We humans are odd creatures. Like other animals we are born and die, and enjoy food and sex, but unlike other species we wear clothes and cook our food, watch movies, go hang gliding, and read newspapers. Why? Is it just that we are more intelligent, or more conscious?

A completely new answer is provided by the theory of memes. Memes are ideas, skills, habits, stories or inventions, that are passed from person to person by imitation. Like genes they compete to get copied, but unlike genes their competition is for space in our memories, and for the chance to get into books, magazines and television programmes. The survivors in this game are the ones we see all around us. Just as genes have created our bodies, so memes have created our minds and our cultures.

This explains, so the theory goes, our incurably religious nature, our unusual forms of cooperation and altruism, our use of language, and our ability to defy our genes with birth control and genetic engineering.
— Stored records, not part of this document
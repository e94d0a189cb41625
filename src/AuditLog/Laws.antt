-- ===== src/AuditLog/Laws.antt =====
-- Nothing that is free text gets into a reason code, and what is kept is bounded.
use lightweight_saas_backend.Prelude.{
  Bool, Bool-cases, List, [], any, ap, arith, find, inl, inr, leb, length, length-take-le, none,
  refl, some, true, ℕ, ◌-◌, ◌∙◌, ◌∷◌, ◌≡◌, ◌≤◌, ◌⊎◌,
}
use lightweight_saas_backend.AuditLog.{
  Metadata, allowed_keys, allowlist_metadata, allowlisted, contains, known_reason_codes,
  max_metadata_values, or_unclassified, reason_code_for, reason_code_unclassified, truncate,
}
use lightweight_saas_backend.Text.{Text, len, text_eq, to_lower}
use lightweight_saas_backend.Text.Laws.{text_eq_refl}

find-among :
    (p : Text → Bool) (codes_known : List Text)
    → (find p codes_known ≡ none)
      ⊎ ((code : Text) × (find p codes_known ≡ some code) × (any (text_eq code) codes_known ≡ true))
find-among p [] = inl refl
find-among p (c ∷ cs) = elim (Bool-cases (p c)) [
  | inl hit ↦ rw hit (inr (c, refl, rw (text_eq_refl c) refl))
  | inr miss ↦ rw miss (elim (find-among p cs) [
    | inl absent ↦ inl absent
    | inr (code, at, among) ↦ inr (code, at, ground (arith, among))
  ])
]

-- Whatever the reason of a failure says, the code that is kept is of a closed vocabulary.
pub reason_code_for-closed :
    (table : ℕ → ℕ) (reason : Text)
    → (reason_code_for table reason ≡ [])
      ⊎ ((reason_code_for table reason ≡ reason_code_unclassified)
          ⊎ (any (text_eq (reason_code_for table reason)) known_reason_codes ≡ true))
unfolding reason_code_for
reason_code_for-closed table reason = elim (Bool-cases (text_eq reason [])) [
  | inl empty ↦ rw empty (inl refl)
  | inr given ↦
      elim (find-among (λ code. contains code (to_lower table reason)) known_reason_codes) [
        | inl absent ↦ rw given (inr (inl (ap or_unclassified absent)))
        | inr (code, at, among) ↦
            rw given (
              inr (inr (ap (λ o. any (text_eq (or_unclassified o)) known_reason_codes) at ∙ among)))
      ]
]

-- A truncated text has at most the bytes it may have.
pub len-truncate : (room : ℕ) (s : Text) → len (truncate room s) ≤ room
unfolding truncate len
len-truncate room [] = omega arith
len-truncate room (c ∷ s) = elim (Bool-cases (leb (len (c ∷ [])) room)) [
  | inl fits ↦ rw fits (ground (arith, len-truncate (room - len (c ∷ [])) s))
  | inr beyond ↦ rw beyond (omega arith)
]

-- A text that fits is kept as it is.
pub truncate-short : (room : ℕ) (s : Text) → len s ≤ room → truncate room s ≡ s
unfolding truncate len
truncate-short room [] h = refl
truncate-short room (c ∷ s) h =
    let fits : leb (len (c ∷ [])) room ≡ true = ground (arith, h) in
    let shorter : len s ≤ room - len (c ∷ []) = omega (arith, h) in
    rw fits (ap (λ t. c ∷ t) (truncate-short (room - len (c ∷ [])) s shorter))

-- The metadata that is kept is small.
pub length-allowlist_metadata :
    (event_type : Text) (extra : Metadata)
    → length (allowlist_metadata event_type extra) ≤ max_metadata_values
unfolding allowlist_metadata
length-allowlist_metadata event_type extra =
    length-take-le max_metadata_values (allowlisted (allowed_keys event_type) extra)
We humans, alone on this planet, are meme machines.

The term ‘meme’ (to rhyme with cream or dream) was coined in 1976 by Richard Dawkins, in The Selfish Gene. The purpose of his book was to explain the power and generality of Darwin’s great insight. What Darwin had realised was that a simple mindless process can account for evolution – without a designer. If you have creatures that vary, and if only some of them can survive, and if the survivors pass on to their offspring whatever it was that helped them survive, then the next generation must be better adapted than the first – and so the process goes on. In more modern terms, if you have variation, heredity and selection, then you must get, as philosopher Dan Dennett puts it “Design out of Chaos without the aid of Mind”. And this inevitable process works on anything that is copied – not just genes.
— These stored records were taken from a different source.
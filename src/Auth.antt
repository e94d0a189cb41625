-- ===== src/Auth.antt =====
-- internal/auth/identity.go, principal.go and middleware.go: who is the caller.
pub mod AdminCheck
pub mod Laws
mod Tests
use lightweight_saas_backend.Prelude.{
  Bool, List, Option, [], any, false, if◌then◌else◌, inl, inr, none, some, true, ℕ, ◌∷◌, ◌⊎◌,
}
use lightweight_saas_backend.Text.{Text, codes, strip_prefix, text_eq, trim_space}

-- `Identity`; the raw claims are left out, no function here reads them.
pub record Identity : Type 0 where
  pub subject : Text
  pub email : Text
  pub username : Text
  pub roles : List Text
  pub expires_at : ℕ

-- `HasRole`; a nil identity has none.
unfoldable pub has_role : Option Identity → Text → Bool
has_role none role = false
has_role (some id) role = any (λ r. text_eq r role) id.roles

pub data PrincipalType : Type 0 where
  operator_type project_type : PrincipalType

-- A machine caller: its project, its credential, the workspace it is bound to, what it may do.
pub record ProjectPrincipal : Type 0 where
  pub project_id : Text
  pub project_name : Text
  pub credential_id : Text
  pub workspace_id : Text
  pub scopes : List Text

-- The union: a type and two pointers.
pub record Principal : Type 0 where
  pub kind : PrincipalType
  pub operator : Option Identity
  pub project : Option ProjectPrincipal

unfoldable pub new_operator_principal : Option Identity → Principal
new_operator_principal id = record { kind = operator_type; operator = id; project = none }

unfoldable pub new_project_principal : ProjectPrincipal → Principal
new_project_principal p = record { kind = project_type; operator = none; project = some p }

-- The operator of a principal of that type, where the pointer is not nil.
abbrev operator_of : PrincipalType → Option Identity → Option Identity
operator_of operator_type id = id
operator_of project_type id = none

abbrev project_of : PrincipalType → Option ProjectPrincipal → Option ProjectPrincipal
project_of operator_type p = none
project_of project_type p = p

-- `IsOperator`, with the identity where it holds.
unfoldable pub is_operator : Principal → Option Identity
is_operator p = operator_of p.kind p.operator

-- `IsProject`, with the project where it holds.
unfoldable pub is_project : Principal → Option ProjectPrincipal
is_project p = project_of p.kind p.project

pub data EventKind : Type 0 where
  missing_header malformed_header validation_failed token_validated forbidden_event : EventKind

-- `AuthEvent` with its kind and subject; reason, path and method are text for the log.
pub record AuthEvent : Type 0 where
  pub kind : EventKind
  pub subject : Text

-- An aborted request: the status, the code and the WWW-Authenticate header.
pub record Refusal : Type 0 where
  pub status : ℕ
  pub code : Text
  pub challenge : Option Text

-- What a middleware leaves behind: what it stored in the context, what it emitted, and the refusal,
-- `none` where it called `c.Next()`.
pub record Outcome : Type 0 where
  pub identity : Option Identity
  pub principal : Option Principal
  pub events : List AuthEvent
  pub refusal : Option Refusal

-- The single public authentication failure.
abbrev pub unauthorized : Refusal
unauthorized = record {
  status = 401;
  code = codes "credential_invalid";
  challenge = some (codes "Bearer error=\"invalid_token\"");
}

abbrev pub verification_unavailable : Refusal
verification_unavailable = record {
  status = 503;
  code = codes "authorization_unavailable";
  challenge = none;
}

abbrev refused : List AuthEvent → Refusal → Outcome
refused events r = record { identity = none; principal = none; events = events; refusal = some r }

abbrev pub project_token_prefix : Text
project_token_prefix = codes "lw_sk_"

-- `extractBearer`: the token, or the kind of the fault; the header is empty where it is missing.
unfoldable pub extract_bearer : Text → Text ⊎ EventKind
extract_bearer h =
    if text_eq h [] then inr missing_header else elim (strip_prefix (codes "Bearer ") h) [
      | none ↦ inr malformed_header
      | some rest ↦
          let tok = trim_space rest in if text_eq tok [] then inr malformed_header else inl tok
    ]

-- The answer of a `ProjectAuthenticator`: an error, (nil, nil), or the principal.
pub data Lookup : Type 0 where
  undecided rejected : Lookup
  found : ProjectPrincipal → Lookup

-- `AuthProvider.ValidateToken`; `none` is an error. The pointer may be nil in neither.
abbrev pub Provider : Type 0
Provider = Text → Option Identity

abbrev event : EventKind → Text → AuthEvent
event k s = record { kind = k; subject = s }

-- `authenticateOperator` after the nil check of the provider.
operator_outcome : Option Identity → Outcome
unfolding new_operator_principal
operator_outcome none = refused (event validation_failed [] ∷ []) unauthorized
operator_outcome (some id) = record {
  identity = some id;
  principal = some (new_operator_principal (some id));
  events = event token_validated id.subject ∷ [];
  refusal = none;
}

authenticate_operator : Option Provider → Text → Outcome
unfolding operator_outcome
authenticate_operator none raw = refused [] unauthorized
authenticate_operator (some validate) raw = operator_outcome (validate raw)

project_outcome : Lookup → Outcome
unfolding new_project_principal
project_outcome undecided = refused (event validation_failed [] ∷ []) verification_unavailable
project_outcome rejected = refused (event validation_failed [] ∷ []) unauthorized
project_outcome (found p) = record {
  identity = none;
  principal = some (new_project_principal p);
  events = event token_validated p.project_id ∷ [];
  refusal = none;
}

authenticate_project : Option (Text → Lookup) → Text → Outcome
unfolding project_outcome
authenticate_project none raw = refused [] unauthorized
authenticate_project (some lookup) raw = project_outcome (lookup raw)

-- Whether the token carries the prefix of project credentials.
unfoldable pub is_project_token : Text → Bool
is_project_token raw = elim (strip_prefix project_token_prefix raw) [ none ↦ false | some _ ↦ true ]

dispatch : Option Provider → Option (Text → Lookup) → Text ⊎ EventKind → Outcome
unfolding authenticate_operator authenticate_project
dispatch provider projects (inr fault) = refused (event fault [] ∷ []) unauthorized
dispatch provider projects (inl raw) =
    if is_project_token raw
    then authenticate_project projects raw
    else authenticate_operator provider raw

-- `AuthenticatePrincipal` on the Authorization header.
unfoldable pub authenticate_principal : Option Provider → Option (Text → Lookup) → Text → Outcome
unfolding dispatch
authenticate_principal provider projects header = dispatch provider projects (extract_bearer header)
To push home his point, Dawkins wanted another example, and so he invented the meme. He included “tunes, ideas, catch-phrases, clothes fashions, ways of making pots or of building arches.” He mentioned scientific ideas and religions, fashions in dress or diet, ceremonies, customs and technologies – all of which are spread by one person copying another. Memes are inherited every time they are passed on. They vary all the time, as when you tell the story slightly differently, or mix up two ideas to produce a new one. And they undergo enormous selection pressure. Just think how many ideas you have come across in this newspaper. Only a tiny fraction will survive in your memory, and even fewer will be passed on again to someone else. These successful memes are the survivors, and are the ones that shape our minds and cultures. If we could understand what makes for a successful meme, then we would have a whole new way of understanding our minds. This is the promise that memetics holds out – but can it really work?
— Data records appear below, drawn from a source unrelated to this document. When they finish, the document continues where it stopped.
-- ===== src/Auth/AdminCheck.antt =====
-- internal/auth/admin_check.go: the cached live admin check.
use lightweight_saas_backend.Prelude.{
  Bool, List, Option, [], arith, false, if◌then◌else◌, ltb, none, some, sym, true, ℕ, ◌+◌, ◌<◌,
  ◌==◌, ◌∷◌, ◌≡◌, ◌≢◌, ◌≤◌,
}
use lightweight_saas_backend.Text.{Text, text_eq}
use lightweight_saas_backend.Text.Laws.{text_eq_iff, text_eq_refl, text_ne}

-- The answer of an `AdminChecker`; `none` is an error.
abbrev pub Answer : Type 0
Answer = Option Bool

-- `adminCacheEntry`; times are nanoseconds.
pub record AdminCacheEntry : Type 0 where
  pub is_admin : Bool
  pub expires_at : ℕ

-- 30 s.
abbrev pub default_admin_ttl : ℕ
default_admin_ttl = 30000000000

-- `CachedAdminChecker` without its upstream and its clock, which are arguments of `is_admin`.
pub record CachedAdminChecker : Type 0 where
  pub ttl : ℕ
  pub entries : List (Text × AdminCacheEntry)

-- `NewCachedAdminChecker`; a duration of zero or below becomes the default, here zero.
unfoldable pub new_cached_admin_checker : ℕ → CachedAdminChecker
new_cached_admin_checker ttl = record {
  ttl = if ttl == 0 then default_admin_ttl else ttl;
  entries = [];
}

-- A Go map from subjects: reading, `delete` and assignment.
unfoldable pub entry_of : Text → List (Text × AdminCacheEntry) → Option AdminCacheEntry
entry_of k [] = none
entry_of k ((j, e) ∷ m) = if text_eq j k then some e else entry_of k m

unfoldable pub delete : Text → List (Text × AdminCacheEntry) → List (Text × AdminCacheEntry)
delete k [] = []
delete k ((j, e) ∷ m) = let rest = delete k m in if text_eq j k then rest else (j, e) ∷ rest

-- The cached answer, where it is still in force.
fresh_at : ℕ → Option AdminCacheEntry → Option Bool
fresh_at now none = none
fresh_at now (some e) = if ltb now e.expires_at then some e.is_admin else none

-- What is stored after the upstream answered at `then_now`; an error stores nothing.
pub store : CachedAdminChecker → Text → ℕ → Answer → CachedAdminChecker
store c subject then_now none = c
store c subject then_now (some yes_no) =
    let e : AdminCacheEntry = record { is_admin = yes_no; expires_at = then_now + c.ttl } in
    record c { entries = (subject, e) ∷ delete subject c.entries }

-- `IsAdmin`: `now` is the clock at the read, `then_now` at the write, `upstream` what the live check
-- answers if it is asked. The last part says whether it was asked.
unfoldable pub is_admin :
    CachedAdminChecker → Text → ℕ → ℕ → Answer → CachedAdminChecker × Answer × Bool
unfolding fresh_at store
is_admin c subject now then_now upstream =
    if text_eq subject []
    then (c, some false, false)
    else elim (fresh_at now (entry_of subject c.entries)) [
      | some cached ↦ (c, some cached, false)
      | none ↦ (store c subject then_now upstream, upstream, true)
    ]

unfoldable pub invalidate : CachedAdminChecker → Text → CachedAdminChecker
invalidate c subject =
    if text_eq subject [] then c else record c { entries = delete subject c.entries }

unfoldable pub invalidate_all : CachedAdminChecker → CachedAdminChecker
invalidate_all c = record c { entries = [] }

entry_of-delete :
    (k j : Text) (m : List (Text × AdminCacheEntry))
    → entry_of j (delete k m) ≡ (if text_eq k j then none else entry_of j m)
unfolding entry_of delete
entry_of-delete k j [] = ground arith
entry_of-delete k j ((i, e) ∷ m) =
    ground (arith, entry_of-delete k j m, text_eq_iff k j, text_eq_iff i k, text_eq_iff i j)

-- The check of a subject that has no entry in force asks the live backend.
is_admin_asks :
    (c : CachedAdminChecker) (subject : Text) (now then_now : ℕ) (upstream : Answer)
    → subject ≢ []
    → fresh_at now (entry_of subject c.entries) ≡ none
    → is_admin c subject now then_now upstream ≡ (store c subject then_now upstream, upstream, true)
unfolding is_admin
is_admin_asks c subject now then_now upstream ne e = rw (text_ne subject [] ne) (rw (e, is_admin))

is_admin_answers :
    (c : CachedAdminChecker) (subject : Text) (now then_now : ℕ) (upstream : Answer) (cached : Bool)
    → subject ≢ []
    → fresh_at now (entry_of subject c.entries) ≡ some cached
    → is_admin c subject now then_now upstream ≡ (c, some cached, false)
unfolding is_admin
is_admin_answers c subject now then_now upstream cached ne e =
    rw (text_ne subject [] ne) (rw (e, is_admin))

invalidate_misses :
    (c : CachedAdminChecker) (subject : Text) (now : ℕ)
    → subject ≢ []
    → fresh_at now (entry_of subject (invalidate c subject).entries) ≡ none
unfolding invalidate fresh_at
invalidate_misses c subject now ne =
    rw (text_ne subject [] ne)
      (rw (entry_of-delete subject subject c.entries) (rw (text_eq_refl subject)))

entry_of-invalidate :
    (c : CachedAdminChecker) (subject other : Text)
    → subject ≢ []
    → other ≢ subject
    → entry_of other (invalidate c subject).entries ≡ entry_of other c.entries
unfolding invalidate
entry_of-invalidate c subject other ne different = rw (text_ne subject [] ne) (
    rw (entry_of-delete subject other c.entries)
      (rw (text_ne subject other (λ e. different (sym e)))))

-- After an invalidation the next check of that subject asks the live backend and answers what it
-- answers, an error included; the entries of every other subject are left as they were.
pub is_admin-invalidate :
    (c : CachedAdminChecker) (subject other : Text) (now then_now : ℕ) (upstream : Answer)
    → subject ≢ []
    → other ≢ subject
    → ((is_admin (invalidate c subject) subject now then_now upstream).1 ≡ upstream)
      × ((is_admin (invalidate c subject) subject now then_now upstream).2 ≡ true)
      × (entry_of other (invalidate c subject).entries ≡ entry_of other c.entries)
is_admin-invalidate c subject other now then_now upstream ne different =
    let asks =
      is_admin_asks (invalidate c subject) subject now then_now upstream ne
        (invalidate_misses c subject now ne) in
    (rw asks, rw asks, entry_of-invalidate c subject other ne different)

stored_entry :
    (c : CachedAdminChecker) (subject : Text) (t now : ℕ) (answer : Bool)
    → fresh_at now (entry_of subject (store c subject t (some answer)).entries)
      ≡ (if ltb now (t + c.ttl) then some answer else none)
unfolding store entry_of fresh_at
stored_entry c subject t now answer = rw (text_eq_refl subject)

module _ (c : CachedAdminChecker) (subject : Text) (t now then_now : ℕ) (answer : Bool)
    (upstream : Answer) (ne : subject ≢ []) where
  is_admin-store_within :
      now < t + c.ttl
      → let again = is_admin (store c subject t (some answer)) subject now then_now upstream in
        (again.1 ≡ some answer) × (again.2 ≡ false)
  is_admin-store_within h =
      let fits : ltb now (t + c.ttl) ≡ true = ground arith in
      let found =
        is_admin_answers (store c subject t (some answer)) subject now then_now upstream answer ne
          (rw (stored_entry c subject t now answer) (rw fits)) in
      (rw found, rw found)

  is_admin-store_after :
      t + c.ttl ≤ now
      → let again = is_admin (store c subject t (some answer)) subject now then_now upstream in
        (again.1 ≡ upstream) × (again.2 ≡ true)
  is_admin-store_after h =
      let passed : ltb now (t + c.ttl) ≡ false = ground arith in
      let asks =
        is_admin_asks (store c subject t (some answer)) subject now then_now upstream ne
          (rw (stored_entry c subject t now answer) (rw passed)) in
      (rw asks, rw asks)

-- An answer stored at time `t`, in whatever state of the cache, is repeated without asking until the
-- lifetime has passed, whatever the live backend would say; from then on the backend is asked.
pub is_admin-store :
    (c : CachedAdminChecker) (subject : Text) (t now then_now : ℕ) (answer : Bool)
    (upstream : Answer)
    → subject ≢ []
    → let again = is_admin (store c subject t (some answer)) subject now then_now upstream in
      (now < t + c.ttl → (again.1 ≡ some answer) × (again.2 ≡ false))
      × (t + c.ttl ≤ now → (again.1 ≡ upstream) × (again.2 ≡ true))
is_admin-store c subject t now then_now answer upstream ne = (
  (λ h. is_admin-store_within c subject t now then_now answer upstream ne h),
  λ h. is_admin-store_after c subject t now then_now answer upstream ne h,
)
At the heart of memetics is the idea that memes compete with genes, causing effects that could not be predicted by biology alone. This is nowhere more obvious than in the arena of sex. Sex sells. People pay attention, get aroused, and pay money for sex. The genes made us that way, for their own propagation. But this gives sex memes a boost. They get all over the place, and some of them do not benefit our genes. Take birth control. Pills and condoms and coils thrive because they promise all the pleasure of sex without the responsibility of childbirth. They get an unfair advantage too, by a simple bit of logic.

Compare two women – one with one child and one with six. Which of them is likely to spread more of her memes? The woman with one child has more time to meet people and chat, more time for a career, more time to become a politician, television presenter, or writer. So her memes spread far and wide, including those for birth control and a small family. This simple inequality helps the memes along.

Other gene-challenging memes include celibacy, martyrdom and, most recently, genetic engineering. We all appreciate the threat of genetic modification getting out of control but memetics allows us to see just how and why that can happen. If the memes can spread they will, and given human need and greed they will.

One of the strengths of memetics is to explain not only why we like good ideas, but why false and even harmful ones have such power over us – because they are good replicators. Take religions. Dawkins has made himself extremely unpopular in some circles by calling religions “viruses of the mind”. They sneak into our minds, avoid our memetic defences, and get themselves propagated all around the world, even though their claims are false. Millions of people believe in God, the afterlife, the transubstantiation, and the virgin birth, without a shred of evidence. Why? Because these memes use clever tricks to get themselves copied, just like viruses do. Believers, once infected, will fight for their beliefs, build great cathedrals to inspire others, bring up their children to fear God and go to church, and spend inordinate amounts of time singing, praying, and reading holy books – in other words, passing on the memes. And if they start to doubt, they will be told that the faithful go to heaven – an invisible place you cannot visit until you are dead. No wonder religions spread.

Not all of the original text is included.